Addressing a briefing at the World Economic Forum (WEF) in Cape Town, she said doing business was a complex problem, particularly for emerging businesses.

She spoke hours after President Cyril Ramaphosa said at a WEF event held by Brand SA that the government intends to make it easier to do business, because while the latest gross domestic product (GDP) data suggested there were “green shoots” of growth, in reality the economy was barely growing at all. 

PwC released the results of an opinion survey of more than 170 chief executives in Africa.

Ramaphosa said the investment promotion architecture would be reformed to remove policy, regulatory and other impairments to foreign direct investment, he said. 

South Africa ranks 82nd among 190 economies in the World Bank’s Ease of Doing Business Index. Ramaphosa said the government had set a target of reach 50.

Machaba said unemployment was more than 50 percent if one included the youth, and small businesses are the biggest employers in the country.

However, it takes 40 days, on average, to register a business in South Africa where, in many other countries, it can be done in zero to five days.

“Registration of companies, registration for taxes, meeting supply chain management policies, finding joint venture partners, finding emerging firms to be part of your supplier programme, the list just goes on and on,” said Machaba.

Dion Shango, the chief executive PwC Africa, US, said the survey showed that African chief executives were otherwise more moderately optimistic about the growth of their respective economies one year ahead, than their global counterparts, who had shown the sharpest increase in pessimism in 22 years, ever since the survey was started, due to ongoing uncertainties such as the deepening trade war between the US and China and Brexit.
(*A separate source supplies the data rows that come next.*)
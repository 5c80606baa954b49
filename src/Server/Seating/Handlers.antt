-- ===== src/Server/Seating/Handlers.antt =====
-- Introductions keep seats and workers together.
use kierki.Prelude.{
  ℕ, Bool, true, false, not, ◌&&◌, List, [], ◌∷◌, Option, none, some, ◌≡◌, refl, ap, ◌∙◌, arith,
  ◌==◌, ltb, lookup, inl, inr, Option-cases, ◌>>=◌, Returns, Returns-mono, Returns-elim, Returns-if,
  Returns-bind,
}
use kierki.Types.{Side, IsSeat, hand_at}
use kierki.SendJob.{SendJob, busy, deal}
use kierki.IoWorkerMgr
use kierki.IoWorkerMgr.{
  IoWorkerMgr, WorkerStatus, serving_unknown, serving_active, serving_proxy, cleanup,
  cleanup_unknown, shutdown, status_code,
}
use kierki.Server.{Server, with_mgr, send_to_side}
use kierki.Server.Round.{ask_next, deal_all}
use kierki.Server.Players.{
  deal_is_empty, send_taken, start_game, signal_roles, rejoin_game, seat_player, busy_sides,
  intro_again, refuse_player, intro_first, player_intro,
}
use kierki.Server.Seating.{IsKnown, IsSeated}
use kierki.Server.Seating.Keeping.{
  KeepsRoles, KeepsRoles-trans, set_role-KeepsRoles, set_role-IsKnown, signal_role-KeepsRoles,
  KeepsSeats, KeepsSeats-IsSeated, KeepsSeats-mgr, KeepsSeats-refl, KeepsSeats-then,
  KeepsSeats-trans, send_to_side-KeepsSeats, send_to_worker-KeepsSeats,
}
use kierki.Server.Seating.Moves.{
  KeepsAnswer, KeepsSeats-after, set_role-KeepsSeats, send_kill-KeepsSeats, ask_next-KeepsSeats,
  deal_all-KeepsSeats,
}
use kierki.Server.Seating.Comings.{seated, seated-IsSeated}

start_game-KeepsSeats : (st : Server) → Returns (KeepsSeats st) (start_game st)
unfolding start_game
start_game-KeepsSeats st =
    let t = record st { last_deal = st.hands } in
    KeepsSeats-after st t _ (refl, refl, refl, refl)
      (KeepsSeats-then t (deal_all t) ask_next (deal_all-KeepsSeats t) ask_next-KeepsSeats)

send_taken-KeepsSeats :
    (msgs : List SendJob) (ix : ℕ) (st : Server) → Returns (KeepsSeats st) (send_taken msgs ix st)
unfolding send_taken
send_taken-KeepsSeats [] ix st = KeepsSeats-refl st
send_taken-KeepsSeats (msg ∷ rest) ix st =
    KeepsSeats-then st (with_mgr (IoWorkerMgr.send_job msg ix) st) (send_taken rest ix)
      (send_to_worker-KeepsSeats msg ix st) (send_taken-KeepsSeats rest ix)

signal_roles-KeepsSeats : (st : Server) → KeepsSeats st (signal_roles st)
unfolding signal_roles
signal_roles-KeepsSeats st =
    let m1 = IoWorkerMgr.signal_role serving_active st.worker_mgr in
    let m2 = IoWorkerMgr.signal_role cleanup_unknown m1 in
    KeepsSeats-mgr st (IoWorkerMgr.signal_role serving_unknown m2) (
      KeepsRoles-trans (signal_role-KeepsRoles serving_active st.worker_mgr) (
        KeepsRoles-trans (signal_role-KeepsRoles cleanup_unknown m1)
          (signal_role-KeepsRoles serving_unknown m2)))

rejoin_game-KeepsSeats :
    (side : Side) (ix : ℕ) (st : Server) → Returns (KeepsSeats st) (rejoin_game side ix st)
unfolding rejoin_game
rejoin_game-KeepsSeats side ix st =
    KeepsSeats-then st
      (send_to_side (deal st.round_mode st.next_move (hand_at st.last_deal side)) side st) _
      (send_to_side-KeepsSeats (deal st.round_mode st.next_move (hand_at st.last_deal side)) side
        st)
      (λ st1.
        KeepsSeats-then st1 (send_taken st1.taken_in_round ix st1) _
          (send_taken-KeepsSeats st1.taken_in_round ix st1)
          (λ st2.
            Returns-if (KeepsSeats st2) (st2.players_connected == 4) (ask_next (signal_roles st2))
              (some st2)
              (λ e.
                Returns-mono (KeepsSeats (signal_roles st2)) (KeepsSeats st2)
                  (ask_next (signal_roles st2))
                  (λ u q. KeepsSeats-trans (signal_roles-KeepsSeats st2) q)
                  (ask_next-KeepsSeats (signal_roles st2)))
              (λ e. KeepsSeats-refl st2)))

abbrev pub SeatedAnswer : Server × Bool → Type 0
SeatedAnswer (t, b) = IsSeated t

-- A step that keeps the seats, from a state where they fit.
pub kept :
    (st : Server) (x : Option Server) → IsSeated st → Returns (KeepsSeats st) x → Returns IsSeated x
kept st x v h = Returns-mono (KeepsSeats st) IsSeated x (λ t k. KeepsSeats-IsSeated k v) h

pub kept_answer :
    (st : Server) (x : Option (Server × Bool))
    → IsSeated st
    → Returns (KeepsAnswer st) x
    → Returns SeatedAnswer x
kept_answer st x v h =
    Returns-mono (KeepsAnswer st) SeatedAnswer x (λ t k. KeepsSeats-IsSeated k v) h

pub answered_with :
    (x : Option Server) (b : Bool)
    → Returns IsSeated x
    → Returns SeatedAnswer (x >>= λ t. some (t, b))
answered_with none b h = tt
answered_with (some t) b h = h

seat_player-IsSeated :
    (side : Side) (ix : ℕ) (st : Server)
    → IsSeated st
    → IsSeat side
    → st.active_sides side ≡ none
    → lookup ix st.worker_mgr.roles ≡ some serving_unknown
    → Returns IsSeated (seat_player side ix st)
unfolding seat_player
seat_player-IsSeated side ix st v seat free unknown =
    elim (Option-cases (IoWorkerMgr.set_role ix serving_active st.worker_mgr)) [
      | inl e ↦ rw e tt
      | inr (m, e) ↦
          let t = seated side ix m st in
          let keeps =
            Returns-elim (KeepsRoles st.worker_mgr)
              (IoWorkerMgr.set_role ix serving_active st.worker_mgr) e
              (set_role-KeepsRoles ix serving_active st.worker_mgr refl) in
          let known =
            Returns-elim (IsKnown ix) (IoWorkerMgr.set_role ix serving_active st.worker_mgr) e
              (set_role-IsKnown ix serving_active st.worker_mgr refl) in
          let w : IsSeated t = seated-IsSeated side ix m st v seat free unknown keeps known in
          rw e (
            kept t _ w (
              Returns-if (KeepsSeats t) (t.players_connected == 4 && deal_is_empty t.last_deal)
                (start_game t) _ (λ f. start_game-KeepsSeats t)
                (λ f.
                  Returns-if (KeepsSeats t) (not (deal_is_empty t.last_deal))
                    (rejoin_game side ix t) (some t) (λ g. rejoin_game-KeepsSeats side ix t)
                    (λ g. KeepsSeats-refl t))))
    ]

intro_again-KeepsAnswer : (ix : ℕ) (st : Server) → Returns (KeepsAnswer st) (intro_again ix st)
unfolding intro_again
intro_again-KeepsAnswer ix st =
    Returns-if (KeepsAnswer st) (ltb st.players_connected 4) (some (st, false)) _
      (λ e. KeepsSeats-refl st) (λ e. again_kept)
  where
    again_kept : Returns (KeepsAnswer st) (do
      st1 ← with_mgr (IoWorkerMgr.send_kill ix) st
      st2 ← with_mgr (IoWorkerMgr.set_role ix cleanup) st1
      some (st2, true))
    again_kept = Returns-bind (KeepsAnswer st) (with_mgr (IoWorkerMgr.send_kill ix) st) _ (λ st1 e.
        Returns-bind (KeepsAnswer st) (with_mgr (IoWorkerMgr.set_role ix cleanup) st1) _ (λ st2 f.
          KeepsSeats-trans
            (Returns-elim (KeepsSeats st) (with_mgr (IoWorkerMgr.send_kill ix) st) e
              (send_kill-KeepsSeats ix st))
            (Returns-elim (KeepsSeats st1) (with_mgr (IoWorkerMgr.set_role ix cleanup) st1) f
              (set_role-KeepsSeats ix cleanup st1 refl))))

status_of_zero : (r : WorkerStatus) → (status_code r == 0) ≡ true → r ≡ serving_unknown
status_of_zero r h = ground arith

module _ (order : List Side) where
  refuse_player-KeepsSeats :
      (ix : ℕ) (st : Server) → Returns (KeepsSeats st) (refuse_player order ix st)
  unfolding refuse_player
  refuse_player-KeepsSeats ix st =
      KeepsSeats-then st (with_mgr (IoWorkerMgr.set_role ix cleanup_unknown) st) _
        (set_role-KeepsSeats ix cleanup_unknown st refl)
        (λ st1. send_to_worker-KeepsSeats (busy (busy_sides order st1.active_sides)) ix st1)

  intro_first-IsSeated :
      (seat_of : Option ℕ) (side : Side) (ix : ℕ) (st : Server)
      → st.active_sides side ≡ seat_of
      → IsSeated st
      → IsSeat side
      → lookup ix st.worker_mgr.roles ≡ some serving_unknown
      → Returns IsSeated (intro_first order seat_of side ix st)
  unfolding intro_first
  intro_first-IsSeated none side ix st free v seat unknown =
      seat_player-IsSeated side ix st v seat free unknown
  intro_first-IsSeated (some j) side ix st held v seat unknown =
      kept st (refuse_player order ix st) v (refuse_player-KeepsSeats ix st)

  pub player_intro-IsSeated :
      (side : Side) (ix : ℕ) (st : Server)
      → IsSeated st
      → IsSeat side
      → Returns SeatedAnswer (player_intro order side ix st)
  unfolding player_intro IoWorkerMgr.get_role
  player_intro-IsSeated side ix st v seat =
      Returns-bind SeatedAnswer (lookup ix st.worker_mgr.roles) _ (λ role e.
        Returns-if SeatedAnswer (not (status_code role == status_code serving_unknown))
          (intro_again ix st) _
          (λ f. kept_answer st (intro_again ix st) v (intro_again-KeepsAnswer ix st))
          (λ f.
            let unknown = e ∙ ap some (status_of_zero role (ground arith)) in
            answered_with (intro_first order (st.active_sides side) side ix st) true
              (intro_first-IsSeated (st.active_sides side) side ix st refl v seat unknown)))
A large number of chief executives in Africa reported they did not know where to look for new growth markets, this after traditional growth markets in the UK and Europe and slowed drastically.

Shango said the tragedy of Africa was that it had by far the biggest youth population in the world – many countries suffer from ageing populations – with the highest unemployment rates, but the chief executives of African companies said in the survey that the young people in Africa did not have “the appropriate skills that chief executives are looking for”.

The upskilling of the youth was an issue that both governments and private sector needed to address, he said.

Machaba said other risks to GDP growth in South Africa, as reported by the chief executives, were policy uncertainty, state-owned enterprise restructuring not being finalised, land reform, National Health Insurance  social stability and high unemployment.